╔══
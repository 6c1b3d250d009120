-- ===== src/Transfer/Placed.antt =====
-- The bytes that are in the temporary file of a parallel download, and what a write changes of them.
use mathlib.Core.List.{append_assoc}
use monty_pod.Common.{
  Bool, Bool-cases, List, Option, String, [], ap, arith, eq_iff, false, inl, inr, length,
  length-append, none, not, refl, some, subst, suc, sym, true, zero, ℕ, ◌&&◌, ◌++◌, ◌+◌, ◌-◌, ◌==◌,
  ◌∙◌, ◌∷◌, ◌≡◌, ◌≤◌,
}
use monty_pod.Transfer.Ranged.{is_etag, is_exact_range, is_part, over, write_at, zeros}
use monty_pod.Transfer.Integrity.{no_more, same_front}
use monty_pod.Transfer.Download.{RangeTotal, Response, malformed_total, span_of, star, total_of}

length-over :
    (body file : List ℕ) → length body ≤ length file → length (over body file) ≡ length file
unfolding over
length-over [] file h = refl
length-over (b ∷ body) [] h = absurd (omega arith)
length-over (b ∷ body) (f ∷ file) h = let ih = length-over body file (omega arith) in omega arith

over-front :
    (body file : List ℕ)
    → length body ≤ length file
    → (rest : List ℕ) × (over body file ≡ body ++ rest)
unfolding over
over-front [] file h = (file, refl)
over-front (b ∷ body) [] h = absurd (omega arith)
over-front (b ∷ body) (f ∷ file) h =
    let (rest, e) = over-front body file (omega arith) in (rest, ap (λ xs. b ∷ xs) e)

length-zeros : (n : ℕ) → length (zeros n) ≡ n
unfolding zeros
length-zeros zero = refl
length-zeros (suc n) = let ih = length-zeros n in omega arith

write_at-append :
    (front body file : List ℕ)
    → write_at (length front) body (front ++ file) ≡ front ++ over body file
unfolding write_at
write_at-append [] body file = refl
write_at-append (f ∷ front) body file = ap (λ xs. f ∷ xs) (write_at-append front body file)

and-both : (a b : Bool) → (a && b) ≡ true → (a ≡ true) × (b ≡ true)
and-both true b h = (refl, h)
and-both false b h = absurd (ground (arith))

-- The temporary file has its length, and the bytes of the whole object before `at`.
pub data Placed (whole : List ℕ) (at total : ℕ) (file : List ℕ) : Type 0 where
  placed :
      (front post more : List ℕ)
      → length front ≡ at
      → front ++ more ≡ whole
      → file ≡ front ++ post
      → length file ≡ total
      → Placed whole at total file

pub written-Placed :
    (whole : List ℕ) (first total : ℕ) (file body rest before : List ℕ)
    → length before ≡ first
    → before ++ (body ++ rest) ≡ whole
    → length whole ≡ total
    → Placed whole first total file
    → Placed whole (first + length body) total (write_at first body file)
written-Placed whole first total file body rest before here part told
      (placed front post more at begins is_file size) =
    let same : before ≡ front =
      same_front before front (body ++ rest) more (part ∙ sym begins) (here ∙ sym at) in
    let all : length front + (length body + length rest) ≡ total =
      ap (λ n. length front + n) (sym (length-append body rest))
      ∙ sym (length-append front (body ++ rest))
      ∙ ap (λ xs. length (xs ++ (body ++ rest))) (sym same)
      ∙ ap length part
      ∙ told in
    let held : length front + length post ≡ total =
      sym (length-append front post) ∙ ap length (sym is_file) ∙ size in
    let (beyond, over_post) = over-front body post (omega arith) in
    let written : write_at first body file ≡ front ++ over body post =
      ap (λ n. write_at n body file) (sym at)
      ∙ ap (write_at (length front) body) is_file
      ∙ write_at-append front body post in
    let kept : length (over body post) ≡ length post = length-over body post (omega arith) in
    placed (front ++ body) beyond rest (length-append front body ∙ ap (λ n. n + length body) at)
      (append_assoc front body rest ∙ ap (λ xs. xs ++ (body ++ rest)) (sym same) ∙ part)
      (written ∙ ap (λ xs. front ++ xs) over_post ∙ sym (append_assoc front body beyond))
      (ap length written
        ∙ length-append front (over body post)
        ∙ ap (λ n. length front + n) kept
        ∙ held)

pub zeros-Placed : (whole : List ℕ) (total : ℕ) → Placed whole 0 total (zeros total)
zeros-Placed whole total = placed [] (zeros total) whole refl refl refl (length-zeros total)

pub all-Placed :
    (whole file : List ℕ) (total : ℕ)
    → length whole ≡ total
    → Placed whole total total file
    → file ≡ whole
all-Placed whole file total told (placed front post more at begins is_file size) =
    let none_more : front ++ more ≡ front =
      no_more front more
        (subst (λ n. n ≤ length front) (sym (ap length begins ∙ told)) (omega arith)) in
    let none_after : front ++ post ≡ front =
      no_more front post
        (subst (λ n. n ≤ length front) (sym (ap length (sym is_file) ∙ size)) (omega arith)) in
    is_file ∙ none_after ∙ sym none_more ∙ begins

pub exact_range-fields :
    (a b first last total : ℕ) (u : Bool) (t : RangeTotal)
    → is_exact_range (span_of u a b t) first last total ≡ true
    → (a ≡ first) × (b ≡ last) × (t ≡ total_of total)
exact_range-fields a b first last total u star h = absurd (ground (arith))
exact_range-fields a b first last total u malformed_total h = absurd (ground (arith))
exact_range-fields a b first last total u (total_of t) h =
    let (h1, z) = and-both (u && a == first && b == last) (t == total) h in
    let (h2, y) = and-both (u && a == first) (b == last) h1 in
    let (_, x) = and-both u (a == first) h2 in
    (ground (arith), ground (arith), ap total_of (ground (arith)))

pub same_etag :
    (tag : Option String) (e etag : String) → tag ≡ some e → is_etag tag etag ≡ true → e ≡ etag
same_etag none e etag h k = absurd (cc)
same_etag (some a) e etag h k = let same : a ≡ etag = (eq_iff a etag).0 k in cc

-- What an attempt at a part, and the attempts at it, leave.
abbrev pub Left : List ℕ → ℕ → ℕ → ℕ → Bool × List ℕ → Type 0
Left whole first last total (true, file) =
    (length whole ≡ total) × Placed whole (last + 1) total file
Left whole first last total (false, file) = Placed whole first total file

pub is_part-fields :
    (r : Response) (first last total : ℕ) (etag : String)
    → is_part r first last total etag ≡ true
    → (r.status ≡ 206)
      × (is_etag r.etag etag ≡ true)
      × (is_exact_range r.content_range first last total ≡ true)
unfolding is_part
is_part-fields r first last total etag h =
    let (h1, range) =
      and-both (r.status == 206 && not r.encoded && is_etag r.etag etag)
        (is_exact_range r.content_range first last total) h in
    let (h2, tag) = and-both (r.status == 206 && not r.encoded) (is_etag r.etag etag) h1 in
    let (ok, _) = and-both (r.status == 206) (not r.encoded) h2 in (ground (arith), tag, range)

-- An attempt whose answer is whole has written the last byte of its part.
pub written-Left :
    (whole : List ℕ) (first last total n : ℕ) (cut : Bool) (file : List ℕ)
    → first ≤ last
    → Placed whole first total file
    → (length whole ≡ total) × Placed whole (first + n) total file
    → Left whole first last total (not cut && n == last - first + 1, file)
written-Left whole first last total n cut file order before (told, after) =
    elim (Bool-cases (not cut && n == last - first + 1)) [
      | inl done ↦
          let (_, size) = and-both (not cut) (n == last - first + 1) done in
          let next : first + n ≡ last + 1 = ground (arith) in
          rw done (told, subst (λ at. Placed whole at total file) next after)
      | inr short ↦ rw short before
    ]

cut_at : (n : ℕ) (xs : List ℕ) → n ≤ length xs → (a b : List ℕ) × (xs ≡ a ++ b) × (length a ≡ n)
cut_at zero xs h = ([], xs, refl, refl)
cut_at (suc n) [] h = absurd (omega arith)
cut_at (suc n) (x ∷ xs) h =
    let (a, b, e, l) = cut_at n xs (omega arith) in (x ∷ a, b, ap (λ ys. x ∷ ys) e, omega arith)

pub fewer-Placed :
    (whole : List ℕ) (first n total : ℕ) (file : List ℕ)
    → Placed whole (first + n) total file
    → Placed whole first total file
fewer-Placed whole first n total file (placed front post more at begins is_file size) =
    let (a, b, e, l) = cut_at first front (omega arith) in
    placed a (b ++ post) (b ++ more) l
      (sym (append_assoc a b more) ∙ ap (λ xs. xs ++ more) (sym e) ∙ begins)
      (is_file ∙ ap (λ xs. xs ++ post) e ∙ append_assoc a b post) size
╚══
### [Your goal]
Repeat exactly the lines of the material above, taking the first line, the line with "more ≡ whole", and every line between them.

### [Exercise result]
repository 6c1b3d250d009120
-- ===== src/Transfer/Placed.antt =====
-- The bytes that are in the temporary file of a parallel download, and what a write changes of them.
use mathlib.Core.List.{append_assoc}
use monty_pod.Common.{
  Bool, Bool-cases, List, Option, String, [], ap, arith, eq_iff, false, inl, inr, length,
  length-append, none, not, refl, some, subst, suc, sym, true, zero, ℕ, ◌&&◌, ◌++◌, ◌+◌, ◌-◌, ◌==◌,
  ◌∙◌, ◌∷◌, ◌≡◌, ◌≤◌,
}
use monty_pod.Transfer.Ranged.{is_etag, is_exact_range, is_part, over, write_at, zeros}
use monty_pod.Transfer.Integrity.{no_more, same_front}
use monty_pod.Transfer.Download.{RangeTotal, Response, malformed_total, span_of, star, total_of}

length-over :
    (body file : List ℕ) → length body ≤ length file → length (over body file) ≡ length file
unfolding over
length-over [] file h = refl
length-over (b ∷ body) [] h = absurd (omega arith)
length-over (b ∷ body) (f ∷ file) h = let ih = length-over body file (omega arith) in omega arith

over-front :
    (body file : List ℕ)
    → length body ≤ length file
    → (rest : List ℕ) × (over body file ≡ body ++ rest)
unfolding over
over-front [] file h = (file, refl)
over-front (b ∷ body) [] h = absurd (omega arith)
over-front (b ∷ body) (f ∷ file) h =
    let (rest, e) = over-front body file (omega arith) in (rest, ap (λ xs. b ∷ xs) e)

length-zeros : (n : ℕ) → length (zeros n) ≡ n
unfolding zeros
length-zeros zero = refl
length-zeros (suc n) = let ih = length-zeros n in omega arith

write_at-append :
    (front body file : List ℕ)
    → write_at (length front) body (front ++ file) ≡ front ++ over body file
unfolding write_at
write_at-append [] body file = refl
write_at-append (f ∷ front) body file = ap (λ xs. f ∷ xs) (write_at-append front body file)

and-both : (a b : Bool) → (a && b) ≡ true → (a ≡ true) × (b ≡ true)
and-both true b h = (refl, h)
and-both false b h = absurd (ground (arith))

-- The temporary file has its length, and the bytes of the whole object before `at`.
pub data Placed (whole : List ℕ) (at total : ℕ) (file : List ℕ) : Type 0 where
  placed :
      (front post more : List ℕ)
      → length front ≡ at
      → front ++ more ≡ whole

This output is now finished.